Below are lines of data, and only some are wanted. Please repeat exactly those from the line that has "there is one." through the line that has "-- The copy".

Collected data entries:
◇ ◇ ◇ ◇ ◇

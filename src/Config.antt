-- ===== src/Config.antt =====
-- Choices that src/internal/config/jobs.go and config.go make for a job. `path_match` stands for Go's
-- `path.Match`, an error of which counts as no match.
use db_backup.Base.{Bool, ◌||◌, List, Bytes, codes, bytes_eq, [], any_of, if◌then◌else◌}

unfoldable pub glob_match_any : (Bytes → Bytes → Bool) → List Bytes → Bytes → Bool
unfolding bytes_eq
glob_match_any path_match patterns s =
    any_of (λ p. bytes_eq p s || bytes_eq p (codes "*") || path_match p s) patterns

-- The fields of `DatabaseList` that choose databases.
pub record DatabaseList : Type 0 where
  pub included : List Bytes
  pub excluded : List Bytes

-- `DatabaseList.Excluded`
unfoldable pub is_excluded : (Bytes → Bytes → Bool) → DatabaseList → Bytes → Bool
unfolding glob_match_any
is_excluded path_match list name = glob_match_any path_match list.excluded name

-- `BackupConfig.EffectiveStrategy`, of the strategy and the type that are configured.
unfoldable pub effective_strategy : Bytes → Bytes → Bytes
effective_strategy strategy kind =
    if bytes_eq strategy [] then if bytes_eq kind [] then codes "full" else kind else strategy
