-- ===== src/Cron.antt =====
-- Cron expressions: src/internal/scheduler/cron.go and the cron part of src/internal/config/schedule.go.
pub mod Field
pub mod Commas
pub mod Validate
pub mod Next
pub mod Window
pub mod Satisfy
pub mod Examples
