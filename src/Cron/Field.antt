-- ===== src/Cron/Field.antt =====
-- `fieldMatch` and `cronMatch` of src/internal/scheduler/cron.go, and their twin `cronFieldMatch` with
-- `parseRange` of src/internal/config/schedule.go. The value and the least value of a field are natural
-- numbers, as the callers pass fields of a clock; the greatest value is not used by the code.
use db_backup.Base.{
  ℕ, Bool, true, false, not, ◌&&◌, ◌||◌, List, [], ◌∷◌, Option, none, some, Bytes, codes, bytes_eq,
  ℤ, pos, if◌then◌else◌, any_of, leb_ℤ, eqb_ℤ, sub64, rem_ℤ,
}
use db_backup.Text.{cut, split, contains_byte, fields, atoi}
use db_backup.Clock.{Time, minute_of, hour_of, date_of, weekday_of}
use db_backup.Retention.Policy.{is_positive}

abbrev pub star : Bytes
star = codes "*"

-- `strings.ContainsAny(s, "\"'")`
unfoldable pub has_quote : Bytes → Bool
has_quote s = contains_byte s 34 || contains_byte s 39

-- `parseRange`
unfoldable pub parse_range : Bytes → Option (ℤ × ℤ)
parse_range s = elim (cut s b'-') [
  | none ↦ none
  | some (lo, hi) ↦ elim (atoi lo) [
    | none ↦ none
    | some a ↦ elim (atoi hi) [ none ↦ none | some b ↦ some (a, b) ]
  ]
]

module _ (val min : ℕ) where
  -- `base/step`
  unfoldable pub step_match : Bytes → Bytes → Bool
  step_match base text = elim (atoi text) [
    | none ↦ false
    | some step ↦
        if not (is_positive step)
        then false
        else if bytes_eq base star
        then eqb_ℤ (rem_ℤ (sub64 (pos val) (pos min)) step) (pos 0)
        else elim (atoi base) [
          | none ↦ false
          | some start ↦ leb_ℤ start (pos val) && eqb_ℤ (rem_ℤ (sub64 (pos val) start) step) (pos 0)
        ]
  ]

  -- `a-b`, cut at the first dash; the caller has seen that there is one.
  unfoldable pub range_match : Bytes → Bool
  range_match s = elim (cut s b'-') [
    | none ↦ false
    | some (lo, hi) ↦ elim (atoi lo) [
      | none ↦ false
      | some a ↦ elim (atoi hi) [ none ↦ false | some b ↦ leb_ℤ a (pos val) && leb_ℤ (pos val) b ]
    ]
  ]

  unfoldable pub value_match : Bytes → Bool
  value_match s = elim (atoi s) [ none ↦ false | some n ↦ eqb_ℤ (pos val) n ]

  -- From the test for a slash on: what a field without a comma goes through.
  unfoldable pub atom_match : Bytes → Bool
  unfolding step_match range_match value_match
  atom_match s = elim (cut s b'/') [
    | some (base, text) ↦ step_match base text
    | none ↦ if contains_byte s b'-' then range_match s else value_match s
  ]

  -- The body of `fieldMatch`, with the function that it calls on the parts of a list.
  unfoldable pub field_body : (Bytes → Bool) → Bytes → Bool
  unfolding atom_match has_quote
  field_body again s =
      if bytes_eq s star
      then true
      else if has_quote s
      then false
      else if contains_byte s b','
      then any_of again (split s b',')
      else atom_match s

  -- The parts of a list hold no comma, so the call on a part makes no call of its own.
  unfoldable pub field_match : Bytes → Bool
  unfolding field_body
  field_match s = field_body (field_body (λ _. false)) s

  -- The copy of the configuration, which reads a range with `parseRange`.
  unfoldable pub cron_step_match : Bytes → Bytes → Bool
  cron_step_match base text = elim (atoi text) [
    | none ↦ false
    | some step ↦
        if not (is_positive step)
        then false
        else if bytes_eq base star
        then eqb_ℤ (rem_ℤ (sub64 (pos val) (pos min)) step) (pos 0)
        else elim (atoi base) [
          | none ↦ false
          | some start ↦ leb_ℤ start (pos val) && eqb_ℤ (rem_ℤ (sub64 (pos val) start) step) (pos 0)
        ]
  ]

  unfoldable pub cron_range_match : Option (ℤ × ℤ) → Bool
  cron_range_match none = false
  cron_range_match (some (a, b)) = leb_ℤ a (pos val) && leb_ℤ (pos val) b

  unfoldable pub cron_value_match : Bytes → Bool
  cron_value_match s = elim (atoi s) [ none ↦ false | some n ↦ eqb_ℤ (pos val) n ]

  unfoldable pub cron_atom_match : Bytes → Bool
  unfolding cron_step_match cron_range_match cron_value_match
  cron_atom_match s = elim (cut s b'/') [
    | some (base, text) ↦ cron_step_match base text
    | none ↦ if contains_byte s b'-' then cron_range_match (parse_range s) else cron_value_match s
  ]

  unfoldable pub cron_field_body : (Bytes → Bool) → Bytes → Bool
  unfolding cron_atom_match
  cron_field_body again s =
      if bytes_eq s star
      then true
      else if contains_byte s b','
      then any_of again (split s b',')
      else cron_atom_match s

  unfoldable pub cron_field_match : Bytes → Bool
  unfolding cron_field_body
  cron_field_match s = cron_field_body (cron_field_body (λ _. false)) s

unfoldable pub match_fields : List Bytes → Time → Bool
unfolding field_match
match_fields (mi ∷ h ∷ d ∷ mo ∷ w ∷ []) t =
    field_match (minute_of t) 0 mi
    && field_match (hour_of t) 0 h
    && field_match (date_of t).day 1 d
    && field_match (date_of t).month 1 mo
    && field_match (weekday_of t) 0 w
match_fields other t = false

unfoldable pub cron_match : Bytes → Time → Bool
unfolding match_fields
cron_match expr t = match_fields (fields expr) t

◇ ◇ ◇ ◇ ◇

- **RESPONSE TO THIS TASK**
  -- `a-b`, cut at the first dash; the caller has seen that there is one.
  unfoldable pub range_match : Bytes → Bool
  range_match s = elim (cut s b'-') [
    | none ↦ false
    | some (lo, hi) ↦ elim (atoi lo) [
      | none ↦ false
      | some a ↦ elim (atoi hi) [ none ↦ false | some b ↦ leb_ℤ a (pos val) && leb_ℤ (pos val) b ]
    ]
  ]

  unfoldable pub value_match : Bytes → Bool
  value_match s = elim (atoi s) [ none ↦ false | some n ↦ eqb_ℤ (pos val) n ]

  -- From the test for a slash on: what a field without a comma goes through.
  unfoldable pub atom_match : Bytes → Bool
  unfolding step_match range_match value_match
  atom_match s = elim (cut s b'/') [
    | some (base, text) ↦ step_match base text
    | none ↦ if contains_byte s b'-' then range_match s else value_match s
  ]

  -- The body of `fieldMatch`, with the function that it calls on the parts of a list.
  unfoldable pub field_body : (Bytes → Bool) → Bytes → Bool
  unfolding atom_match has_quote
  field_body again s =
      if bytes_eq s star
      then true
      else if has_quote s
      then false
      else if contains_byte s b','
      then any_of again (split s b',')
      else atom_match s

  -- The parts of a list hold no comma, so the call on a part makes no call of its own.
  unfoldable pub field_match : Bytes → Bool
  unfolding field_body
  field_match s = field_body (field_body (λ _. false)) s

  -- The copy of the configuration, which reads a range with `parseRange`.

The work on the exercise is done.